Best Child Artist: Nila Kaalam; Tamil; Udayaraj; ₹ 10,000/-
Citation: For his portrayal of Pulli in the film. Pulli is a very young orphan who works in a motor garage in chennai. The jury applauds the way in which master udayaraj brings out both the innocence and street – smartness of Pulli, with a combination of energy and spontaneity.
Best Male Playback Singer: Kandukondain Kandukondain ("Enna Solla Pogirai"); Tamil; Shankar Mahadevan; ₹ 10,000/-
Citation: For the soulful rendering of the song.
Best Female Playback Singer: Bharathi ("Mayil Pola Ponnu Onnu"); Tamil; Bhavatharini; ₹ 10,000/-
Citation: For the song which is outstanding because it depicts the velvet voice of the diva.
Best Cinematography: Moksha; Hindi; Cameraman: Ashok Mehta Laboratory Processing: Prasad Film Laboratory; ₹ 10,000/- Each
Citation: For providing wide range of tonal variation and outstanding compositions to cater to the changing moods of the film's narrative.
Best Screenplay: Kadal Pookkal; Tamil; Bharathiraja; ₹ 10,000/-
Citation: For focusing, in present times of degeneration, on love, sacrifice and family values.
Best Audiography: Moksha; Hindi; Anup Dev; ₹ 10,000/-
Citation: The audiographer has, with extreme care, chosen the right sound, ambience and layered the tracks in an immaculate way to create an atmosphere to support the narrative of the film.
Best Editing: Snip!; English; • Suresh Pai • Apurva Asrani; ₹ 10,000/-
Citation: For creating an evocative rhythm in the film enhancing the pace of the narrative while aesthetically maintaining the unit of form and content.
Best Art Direction: Bharathi; Tamil; P. Krishnamoorthy; ₹ 10,000/-
Citation: For aesthetically recreating the period of early twentieth century taking great care in selecting authentic properties of the time to enhance the décor of both interiors as well as exteriors, thus bringing alive Tamilnadu of that period.
Best Costume Design: Bharathi; Tamil; P. Krishnamoorthy; ₹ 10,000/-
Citation: For recreating a whole range of period costume to depict the early twentieth century of Tamil/Banaras.
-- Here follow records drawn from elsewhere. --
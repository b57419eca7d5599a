-- ===== src/Tree/Link.antt =====
-- An entry of a directory in a tree is filled in or emptied (a1b/a1fs_helper.c, a1b/a1fs.c).
use extent_based_fs.Base.{
  ℕ, suc, ◌+◌, ◌-◌, ◌%◌, ◌≤◌, ◌<◌, ◌≡◌, ◌≢◌, refl, sym, ◌⊎◌, true, Bool, List, none, some, arith,
  ne→==, eq→==,
}
use extent_based_fs.Base.Int.{ℤ, pos, minus_one, ◌+ℤ◌}
use extent_based_fs.Types.{FsCtx, update}
use extent_based_fs.Image.{Bytes}
use extent_based_fs.Bitmap.{check_bit_usage}
use extent_based_fs.Dir.Lookup.{first_with}
use extent_based_fs.Dir.Entries.{first_with-IsSlot}
use extent_based_fs.Entry.Elsewhere.{Lacks}
use extent_based_fs.Entry.Fill.{entry_image, entry_image_byte}
use extent_based_fs.Entry.Add.{has_ino, filled}
use extent_based_fs.Entry.Clear.{cleared, clear_image, clear_byte}
use extent_based_fs.Catalog.{Names, assign, bind}
use extent_based_fs.Catalog.Steps.{IsAllowed, Represents-filled, Represents-cleared}
use extent_based_fs.Catalog.Rooms.{room-le, room-some}
use extent_based_fs.Tree.{folder, Nodes}
use extent_based_fs.Tree.Shape.{HasNodes, IsClean, block_of}
use extent_based_fs.Tree.Frames.{AllSame, AllSame-Lacks, first_with-Each, IsClean-entry}
use extent_based_fs.Tree.Walk.{used_below, node-Stands}
use extent_based_fs.Tree.Change.{HasNodes-Becomes}

module _ {s : FsCtx} {total : ℕ} {T : Nodes} {spare : ℕ} (has : HasNodes s total T spare) (p : ℕ)
    {m : Names} where
  module _ {room a : ℕ} (parent : T p ≡ folder m room) (test : ℕ → Bool) (img' : Bytes)
      (at : first_with test (has.places p) ≡ some a)
      (same : (x : ℕ) → (x < a) ⊎ (a + 256 ≤ x) → img' x ≡ s.image x) where
    aligned : a % 256 ≡ 0
    aligned = (first_with-IsSlot s.size test (has.places p) at (has.slots p)).0.0

    folder_below : p < total
    folder_below = used_below has p (λ e. cc)

    others_same : (j : ℕ) → j ≢ p → AllSame s.image img' (has.places j)
    others_same j ne =
        AllSame-Lacks s.image img' s.size a (has.places j) aligned same (has.slots j) (
          first_with-Each test (λ b. Lacks b (has.places j)) (has.places p) at
            (has.apart p j (λ e. ne (sym e))))

    still-IsClean :
        {limit : ℕ}
        → IsClean s.image s.block_bits s.sb.sb_first_data_block limit
        → IsClean img' s.block_bits s.sb.sb_first_data_block limit
    still-IsClean {limit} =
        IsClean-entry s img' a limit aligned
          (first_with-Each test (λ b. check_bit_usage s.block_bits (block_of s b) ≡ true)
            (has.places p) at (has.in_use p))
          same

  -- An unused entry gets a new name, for an inode number that the directory does not hold.
  pub HasNodes-filled :
      {room a : ℕ} (name : List ℕ) (ino : ℕ)
      → T p ≡ folder m (suc room)
      → IsAllowed m (suc room) (bind name ino)
      → first_with (has_ino s.image minus_one) (has.places p) ≡ some a
      → HasNodes
          (filled s p ino name a)
          total
          (update T p (folder (assign m name (some ino)) room))
          spare
  HasNodes-filled {room} {a} name ino parent allowed at =
      let test = has_ino s.image minus_one in
      let img' = entry_image s.image a name (pos ino) in
      let same = entry_image_byte s.image a name (pos ino) allowed.0.0 in
      let old = node-Stands has p parent (λ e. cc) in
      let less : suc room - 1 ≡ room = omega arith in
      HasNodes-Becomes has (record {
        below = folder_below parent test img' at same;
        counts = record {
          inodes = has.counts.inodes;
          in_table = has.counts.in_table;
          small = has.counts.small;
          bytes = has.counts.bytes;
          free_inodes = has.counts.free_inodes;
        };
        blocks = record {
          first = has.blocks.first;
          bytes = has.blocks.bytes;
          limit = has.blocks.limit;
          below = has.blocks.below;
          inside = has.blocks.inside;
          whole = has.blocks.whole;
          spare_blocks = has.blocks.spare_blocks;
          free_blocks = has.blocks.free_blocks;
          counted = has.blocks.counted;
          enough = has.blocks.enough;
          clean = still-IsClean parent test img' at same has.blocks.clean;
        };
        stands = (
          old.0,
          rw less at (Represents-filled old.1 name ino allowed at),
          old.2,
          rw (eq→== p p refl) (omega (arith, room-le old.1, old.2, old.3)),
        );
        others = λ j ne. record {
          size = refl;
          region = refl;
          table = refl;
          inode = rw (ne→== j p ne) refl;
          bit = refl;
          image = others_same parent test img' at same j ne;
        };
        apart = λ j ne. (has.apart p j (λ e. ne (sym e)), has.apart j p ne);
        in_use = has.in_use p;
        others_in_use = λ j ne. has.in_use j;
        size = refl;
        slots = has.slots p;
        data_start = refl;
        region = has.region p;
      })

  -- The entry of a name is emptied.
  pub HasNodes-cleared :
      {room a : ℕ} (name : List ℕ) (ino : ℕ) (drop_dir : ℤ)
      → T p ≡ folder m room
      → m name ≡ some ino
      → first_with (has_ino s.image (pos ino)) (has.places p) ≡ some a
      → HasNodes
          (cleared s p a drop_dir)
          total
          (update T p (folder (assign m name none) (room + 1)))
          spare
  HasNodes-cleared {room} {a} name ino drop_dir parent led at =
      let test = has_ino s.image (pos ino) in
      let img' = clear_image s.image a in
      let slot = (first_with-IsSlot s.size test (has.places p) at (has.slots p)).0.0 in
      let same = clear_byte s.image a slot in
      let old = node-Stands has p parent (λ e. cc) in
      HasNodes-Becomes has (record {
        below = folder_below parent test img' at same;
        counts = record {
          inodes = has.counts.inodes;
          in_table = has.counts.in_table;
          small = has.counts.small;
          bytes = has.counts.bytes;
          free_inodes = has.counts.free_inodes;
        };
        blocks = record {
          first = has.blocks.first;
          bytes = has.blocks.bytes;
          limit = has.blocks.limit;
          below = has.blocks.below;
          inside = has.blocks.inside;
          whole = has.blocks.whole;
          spare_blocks = has.blocks.spare_blocks;
          free_blocks = has.blocks.free_blocks + 1;
          counted = rw has.blocks.counted (one_more has.blocks.free_blocks);
          enough = omega (arith, has.blocks.enough);
          clean = still-IsClean parent test img' at same has.blocks.clean;
        };
        stands = (
          old.0,
          Represents-cleared old.1 name ino drop_dir led at,
          old.2,
          rw (eq→== p p refl) (omega (arith, room-some old.1 name led, old.2, old.3)),
        );
        others = λ j ne. record {
          size = refl;
          region = refl;
          table = refl;
          inode = rw (ne→== j p ne) refl;
          bit = refl;
          image = others_same parent test img' at same j ne;
        };
        apart = λ j ne. (has.apart p j (λ e. ne (sym e)), has.apart j p ne);
        in_use = has.in_use p;
        others_in_use = λ j ne. has.in_use j;
        size = refl;
        slots = has.slots p;
        data_start = refl;
        region = has.region p;
      })
    where
      one_more : (n : ℕ) → pos n +ℤ pos 1 ≡ pos (n + 1)
      one_more n = unfold ◌+ℤ◌ in ground arith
The aesthetic selection of colours go well with the décor of the structure/sets and the costumes give the film and authentic look.
Best Music Direction: Refugee; Hindi; Songs and Background Score: Anu Malik; ₹ 10,000/-
Citation: For a score that blends with the story and heightens its narrative. A great effort has been made to ensure that the compositions have all the ingredients of the music of the soul.
Best Lyrics: Mazha ("Gayam Hari Nama Dhayam"); Malayalam; Yusufali Kechery; ₹ 10,000/- Each
Citation: For depicting the right mix of the ethos of our land in an invocation to lord Krishna.
Refugee ("Panchhi Nadiyaan"): Hindi; Javed Akhtar
Citation: For his inimitable style, speaks of transcending borders and countries, with beautifully written words for love and compassion.
Best Choreography: Kochu Kochu Santhoshangal; Malayalam; G. Kala; ₹ 10,000/-
Citation: For the classical dance number skilfully composed, creating the symbiotic dance in keeping with our rich traditions and heritage.
Special Jury Award: Dekha; Bengali; Soumitra Chatterjee (Actor); ₹ 25,000/-
Citation: For his realistic portrayal of the scion of a fading aristocracy who has lost his eyesight. Soumitra with great subtlety takes us through myriad evoking situations of his life, past and present with great sensitivity.

==== Regional Awards ====

The award is given to best film in the regional languages in India.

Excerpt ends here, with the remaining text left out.